Огнев, стоявший шагах в десяти ниже по гребню, повторил уже своим утробным басом, не оглядываясь, ведь имя ротного в его горле выходило теснее и громче, чем у самого Волкова:
— Самсонов. К ротному.
Сибирский охотник поднялся из своей ячейки коротко, без лишнего движения, как поднимаются люди, привыкшие вставать с земли с винтовкой в руке, не оставляя её, и подошёл, держа Мосина у бедра. Скуластое лицо с лёгким, давно заветренным румянцем; глаза не убегающие, серые, из тех, что в темноте видят как днём, а днём щурятся.
— Ваше благородие, — выговорил он негромко, не двигая лицом.
— Двести шагов, — повторил Волков, кивая в сторону жестяного ведра, оставленного фельдфебелем с вечера на чахлом кусте у дальнего бугра. — С упора.

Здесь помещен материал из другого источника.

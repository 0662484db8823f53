-- ===== src/Whisper/Fallback/Settled.antt =====
-- asr/faster_whisper.py: the turn to the CPU is for good.
use agent_voca.Prelude.{
  ℕ, ◌≡◌, refl, ap, Bool, true, false, Option, some, List, [], ◌∷◌, ◌++◌, arith,
}
use agent_voca.Text.{Text, Unicode, codes, is_empty}
use agent_voca.Orchestrator.Streaming.{Segment}
use agent_voca.Whisper.{
  Library, Settings, Provider, Model, inference_error, Result, failed, asr_error, count_call,
  get_model,
}
use agent_voca.Whisper.Transcribe.{
  use_cpu, frombuffer, language_of, is_cuda_error, run_inference, warm_up, transcribe_samples,
  transcribe_audio, transcribe_bytes,
}
use agent_voca.Whisper.Streaming.{Arrival, stream_transcribe}
use agent_voca.Whisper.Fallback.{IsOnCpu, warm_up-Keeps, transcribe_audio-Keeps}
use agent_voca.Whisper.Fallback.Passes.{stream_transcribe-Keeps}

-- What is called on the provider from outside.
pub data Operation : Type 0 where
  warming : Operation
  transcribing : List ℕ → Option (Option Text) → Operation
  streaming : List Arrival → Bool → ℕ → Option (Option Text) → Operation

module _ (u : Unicode) (lib : Library) (settings : Settings) where
  -- `run` makes the calls one after the other, whatever each of them returns or raises.
  unfoldable pub perform : Operation → Provider → Provider
  unfolding warm_up transcribe_audio stream_transcribe
  perform warming p = (warm_up u lib settings p).1
  perform (transcribing bytes context) p = (transcribe_audio u lib settings bytes context p).1
  perform (streaming l in_time rate context) p =
      (stream_transcribe u lib settings l in_time rate context p).provider

  unfoldable pub run : List Operation → Provider → Provider
  unfolding perform
  run [] p = p
  run (o ∷ l) p = run l (perform o p)

  perform-IsOnCpu : (o : Operation) (p : Provider) → IsOnCpu p → IsOnCpu (perform o p)
  unfolding perform
  perform-IsOnCpu warming p c = warm_up-Keeps u lib settings p c
  perform-IsOnCpu (transcribing bytes context) p c =
      transcribe_audio-Keeps u lib settings bytes context p c
  perform-IsOnCpu (streaming l in_time rate context) p c =
      stream_transcribe-Keeps u lib settings l in_time rate context p c

  run-IsOnCpu : (l : List Operation) (p : Provider) → IsOnCpu p → IsOnCpu (run l p)
  unfolding run
  run-IsOnCpu [] p c = c
  run-IsOnCpu (o ∷ l) p c = run-IsOnCpu l (perform o p) (perform-IsOnCpu o p c)

  module _ (bytes : List ℕ) (context : Option (Option Text)) (p : Provider) where
    -- When the loaded model raises an exception that names CUDA or one of its libraries on a recording
    -- of whole samples: the transcription raises an `ASRError` with its text, and whatever is called
    -- afterwards, in any order and however the libraries answer, the provider stays on the CPU, and
    -- its accurate model is there whenever it is loaded.
    pub transcribe_audio-settles :
        (model : Model) (t : Text) (l : List Operation)
        → is_empty bytes ≡ false
        → frombuffer bytes ≡ some bytes
        → p.model ≡ some model
        → lib.infer p.calls false model bytes (language_of settings context) ≡ inference_error t
        → is_cuda_error u lib settings t ≡ true
        → ((transcribe_audio u lib settings bytes context p).0
            ≡ failed (asr_error (codes "Faster-Whisper transcription failed: " ++ t)))
          × IsOnCpu (run l (transcribe_audio u lib settings bytes context p).1)
    unfolding transcribe_audio transcribe_bytes transcribe_samples run_inference get_model
    transcribe_audio-settles model t l nonempty whole loaded raised names =
        let fails : transcribe_audio u lib settings bytes context p ≡ (
          failed (asr_error (codes "Faster-Whisper transcription failed: " ++ t)),
          use_cpu (count_call p),
        ) =
          ground (arith, nonempty, whole, loaded, raised, names) in
        (
          ap (λ (r : Result Segment × Provider). r.0) fails,
          rw fails (run-IsOnCpu l (use_cpu (count_call p)) (refl, tt)),
        )
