-- ===== src/Whisper/Dictated.antt =====
-- From the microphone to the final segment: the chunker, the queue of the orchestrator and
-- asr/faster_whisper.py together.
use agent_voca.Prelude.{ℕ, Bool, false, Option, List, [], ◌∷◌}
use agent_voca.Text.{Text, Unicode}
use agent_voca.Orchestrator.{Env}
use agent_voca.Whisper.{Library, Settings, Provider}
use agent_voca.Whisper.Streaming.{Arrival, Streamed, stream_transcribe}

-- The chunks, with what the environment says of the partial transcription when each one comes.
unfoldable pub arrive : List Bool → List (List ℕ) → List Arrival
arrive schedule [] = []
arrive [] (c ∷ l) = record { chunk = c; is_done = false } ∷ arrive [] l
arrive (b ∷ schedule) (c ∷ l) = record { chunk = c; is_done = b } ∷ arrive schedule l

module _ (u : Unicode) (lib : Library) (settings : Settings) where
  module _ (env : Env) (schedule : List Bool) (in_time : Bool) (context : Option (Option Text))
      (p : Provider) where
    -- The provider on the chunks of a queue.
    abbrev pub streamed : List (List ℕ) → ℕ → Streamed
    streamed chunks rate =
        stream_transcribe u lib settings (arrive schedule chunks) in_time rate context p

Не торопись.
Самсонов опустился на правое колено, потом плавно ушёл в положение лёжа, поправил ствол на свёрнутой шинели Лыкова — Лыков отдал свою шинель, не оглядываясь, ибо свою шинель Лыков давно отучился жалеть, — и замер. Волков считал не его дыхание, а собственное: вдох, выдох, ещё один, и на третьем выстрел тонко, по-сухому, ушёл вдоль ската; через одну долгую секунду по ведру пришёл такой звук, какого в тире не бывает, — короткий металлический «дзынь», лёгкий, почти весёлый, какой звук издаёт простреленная посудина в чистом утреннем воздухе.
Огнев одобрительно поправил ус.
— Поживёте, ваше благородие. Из этих двадцати человек к январю получится двадцать стрелков.
— Из этих двадцати человек, Тихон Савельевич, — обратился к нему Волков вполголоса, потому что считать вслух было его единственным способом не считать вслух другое, — мне нужно к январю не двадцать, а сорок. Через одного.
Огнев не ответил. Он стоял рядом, оперев пшеничный ус о собственную тяжёлую руку, и просто наклонил голову, как наклоняют, когда соглашаются не с фразой, а с человеком, и Волков, пожалуй, в этот момент впервые поймал себя на том, что думает об Огневе не как об ускорителе своих приказов, а как о фигуре, в которой рота держится крепче, чем в нём самом.